Of course there is nothing wrong with convention, in and of itself, and it would be disingenuous in the extreme to claim that cholera and smallpox were not important subjects for consideration just as it would be to deny the historical significance of figures such as Snow. But what is slightly frustrating about Carpenter’s approach is the relative failure of the literary material to add much of significance to a fairly well-worn historical narrative. Excerpts from personal letters and literary texts certainly add color to the picture but rarely are they employed in such a way as to alter the terms of the debate. And indeed the interpretive limitations of the literary aspect of the study are matched by an occasional paucity of historical analysis. The second section of chapter one, for example, proposes to explore the “Struggle for Reform” within early to mid-nineteenth-century English medicine (13), but in actual fact it communicates very little sense of struggle or of the fervid internecine squabbles that characterized the period; what we get instead is a fairly traditional account of medical professionalization. Equally, in the second chapter we are told that cholera “exposed … the submerged connections between … domestic filth and the diseases, real and figurative, of colonialism and capitalism” and yet this is where the analysis ends (36), meaning that readers must turn to the work of others, such as Pamela Gilbert or Erin O’Connor, to get any sense of the cultural and ideological connections to which Carpenter refers. I might also add that, in my edition at least, this chapter contains an unfortunate factual error, for while Edwin Chadwick could be described as many things, a “clergyman” is not one of them (43).

Having said this, Health, Medicine and Society is not without its successes. It is, for example, a very fluid and engaging read. Moreover, at times, such as in the chapter on syphilis, it effects an extremely successful and compelling synthesis of historical and literary methodologies.

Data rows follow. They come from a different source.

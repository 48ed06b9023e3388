-- ===== src/Router/RuleKeys.antt =====
-- src/router.rs: every host name that `from_yaml` collects is the key of a rule, as it is spelled.
use nyasniproxy.Base.{
  ok_same, Bool, true, false, not, ◌&&◌, List, [], ◌∷◌, Bytes, ok, ◌≡◌, refl, inl, inr, arith, any,
  All, bytes_eq, bytes_eq_iff, Bool-cases, bail_if, bind-eq-ok, if-elim, to_ascii_lowercase, subst,
  All-append,
}
use nyasniproxy.Target.{is_valid_hostname}
use nyasniproxy.Proxy.{ProxyConfig}
use nyasniproxy.Config.Parse.{is_default}
use nyasniproxy.Router.{Hop, resolve, Build, add_host, add_rule, add_rules}

-- The name is the key of a rule other than the default, byte by byte.
abbrev pub is_rule_key : Bytes → List (Bytes × List Bytes) → Bool
is_rule_key name rules = any (λ r. not (is_default r.0) && bytes_eq name r.0) rules

add_host-All :
    (P : Bytes → Type 0) (b : Build) (key : Bytes) (hops : List Hop)
    → All P b.hostnames
    → P key
    → All P (add_host b key hops).hostnames
unfolding add_host
add_host-All P b key hops h k =
    if-elim (λ (b' : Build). All P b'.hostnames) (any (bytes_eq (to_ascii_lowercase key)) b.seen) _
      _ (λ _. h) (λ _. All-append P b.hostnames (key ∷ []) h (k, tt))

add_rule-All :
    (P : Bytes → Type 0) (proxies : List (Bytes × ProxyConfig)) (key : Bytes) (names : List Bytes)
    (b : Build) {b' : Build}
    → All P b.hostnames
    → (is_default key ≡ false → P key)
    → add_rule proxies key names b ≡ ok b'
    → All P b'.hostnames
unfolding add_rule
add_rule-All P proxies key names b h k e = elim (Bool-cases (is_default key)) [
  | inl d ↦
      let (hops, resolved, e1) = bind-eq-ok (resolve proxies names) _ (rw d at e) in
      subst (λ (b : Build). All P b.hostnames) (ok_same e1) h
  | inr r ↦
      let (u, valid, e1) = bind-eq-ok (bail_if (not (is_valid_hostname key)) _) _ (rw r at e) in
      let (hops, resolved, e2) = bind-eq-ok (resolve proxies names) _ e1 in
      subst (λ (b : Build). All P b.hostnames) (ok_same e2) (add_host-All P b key hops h (k r))
]

-- Whatever holds of the keys of the rules but the default holds of the host names.
pub add_rules-All :
    (P : Bytes → Type 0) (proxies : List (Bytes × ProxyConfig)) (rules : List (Bytes × List Bytes))
    (b : Build) {b' : Build}
    → All P b.hostnames
    → All (λ r. is_default r.0 ≡ false → P r.0) rules
    → add_rules proxies rules b ≡ ok b'
    → All P b'.hostnames
unfolding add_rules
add_rules-All P proxies [] b h k e = subst (λ (b : Build). All P b.hostnames) (ok_same e) h
add_rules-All P proxies ((key, names) ∷ rules) b h k e =
    let (mid, here, rest) = bind-eq-ok (add_rule proxies key names b) _ e in
    add_rules-All P proxies rules mid (add_rule-All P proxies key names b h k.0 here) k.1 rest

keys_among :
    (whole rules : List (Bytes × List Bytes))
    → ((name : Bytes) → is_rule_key name rules ≡ true → is_rule_key name whole ≡ true)
    → All (λ r. is_default r.0 ≡ false → is_rule_key r.0 whole ≡ true) rules
keys_among whole [] h = tt
keys_among whole ((key, names) ∷ rules) h = (
  (λ other. h key (rw (other, (bytes_eq_iff key key).1 refl) refl)),
  keys_among whole rules (λ name t. h name (ground (arith, t))),
)

-- Each key of the rules but the default is one of their keys.
pub own_keys :
    (rules : List (Bytes × List Bytes))
    → All (λ r. is_default r.0 ≡ false → is_rule_key r.0 rules ≡ true) rules
own_keys rules = keys_among rules rules (λ name t. t)
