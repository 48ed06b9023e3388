-- ===== src/Router/Ordered.antt =====
-- src/router.rs: a list sorted by its keys is in their order and has the same elements.
use nyasniproxy.Base.{
  Bool, true, ◌||◌, List, [], ◌∷◌, Bytes, ◌≡◌, ◌≢◌, refl, sym, ap, ◌∙◌, arith, any, All, All-imp,
  if-elim,
}
use nyasniproxy.Router.{lex_leb, insert_by, sort_by_key}
use nyasniproxy.Router.Sorting.{
  lex_leb_total, lex_leb_trans, Distinct, insert_by-All, sort_by_key-All,
}

module _ {A : Type 0} (key : A → Bytes) where
  abbrev pub Ordered : List A → Type 0
  Ordered [] = Unit
  Ordered (x ∷ xs) = All (λ y. lex_leb (key x) (key y) ≡ true) xs × Ordered xs

  insert_by-Ordered : (x : A) (ys : List A) → Ordered ys → Ordered (insert_by key x ys)
  unfolding insert_by
  insert_by-Ordered x [] h = (tt, tt)
  insert_by-Ordered x (y ∷ ys) h =
      if-elim Ordered (lex_leb (key x) (key y)) _ _
        (λ xy. ((xy, All-imp (λ z. lex_leb_trans (key x) (key y) (key z) xy) ys h.0), h))
        (λ yx. (
          insert_by-All key _ x ys (lex_leb_total (key x) (key y) yx) h.0,
          insert_by-Ordered x ys h.1,
        ))

  pub sort_by_key-Ordered : (xs : List A) → Ordered (sort_by_key key xs)
  unfolding sort_by_key
  sort_by_key-Ordered [] = tt
  sort_by_key-Ordered (x ∷ xs) = insert_by-Ordered x (sort_by_key key xs) (sort_by_key-Ordered xs)

  insert_by-Distinct :
      (x : A) (ys : List A)
      → All (λ y. key x ≢ key y) ys
      → Distinct key ys
      → Distinct key (insert_by key x ys)
  unfolding insert_by
  insert_by-Distinct x [] n h = (tt, tt)
  insert_by-Distinct x (y ∷ ys) n h =
      if-elim (Distinct key) (lex_leb (key x) (key y)) _ _ (λ xy. (n, h))
        (λ yx. (insert_by-All key _ x ys (λ e. n.0 (sym e)) h.0, insert_by-Distinct x ys n.1 h.1))

  pub sort_by_key-Distinct : (xs : List A) → Distinct key xs → Distinct key (sort_by_key key xs)
  unfolding sort_by_key
  sort_by_key-Distinct [] h = tt
  sort_by_key-Distinct (x ∷ xs) h =
      insert_by-Distinct x (sort_by_key key xs) (sort_by_key-All key _ xs h.0)
        (sort_by_key-Distinct xs h.1)

  any-insert_by :
      (f : A → Bool) (x : A) (ys : List A) → any f (insert_by key x ys) ≡ (f x || any f ys)
  unfolding insert_by
  any-insert_by f x [] = refl
  any-insert_by f x (y ∷ ys) =
      if-elim (λ l. any f l ≡ (f x || (f y || any f ys))) (lex_leb (key x) (key y)) _ _ (λ xy. refl)
        (λ yx. ground (arith, any-insert_by f x ys))

  pub any-sort_by_key : (f : A → Bool) (xs : List A) → any f (sort_by_key key xs) ≡ any f xs
  unfolding sort_by_key
  any-sort_by_key f [] = refl
  any-sort_by_key f (x ∷ xs) =
      any-insert_by f x (sort_by_key key xs) ∙ ap (◌||◌ (f x)) (any-sort_by_key f xs)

Indeed, at its best, Carpenter’s book demonstrates just what literary studies can add to our understanding. For many years, historians of medicine tended to treat literary texts as essentially passive representations of social practice. What we are slowly beginning to appreciate, however, is that literature not only stands in a far more dynamic and co-constitutive relationship with medical knowledge and practice than has generally been acknowledged but that it can provide insights into the experiential dimensions of health and illness or the intersubjective qualities of the patient-practitioner relationship which conventional historical sources rarely permit.

It is probably best to conclude by pointing out that Health, Medicine and Society is not aimed at people like me. It is not a research monograph and makes no claims to rewrite the history of Victorian medicine. It is fundamentally a work of synthesis, intended for those approaching the subject for the first time. In this regard it is as good, if not better, than anything else out there and I would happily recommend it to my undergraduate students. Lest my criticisms seem churlish, therefore, I should say that they speak not to any inherent weaknesses in the book itself but rather to a desire to see literary studies impact more fully and more critically upon historical understandings of Victorian medicine. If the evidence of Health, Medicine and Society is anything to go by, while the potential is certainly there, it is yet to be fully realised.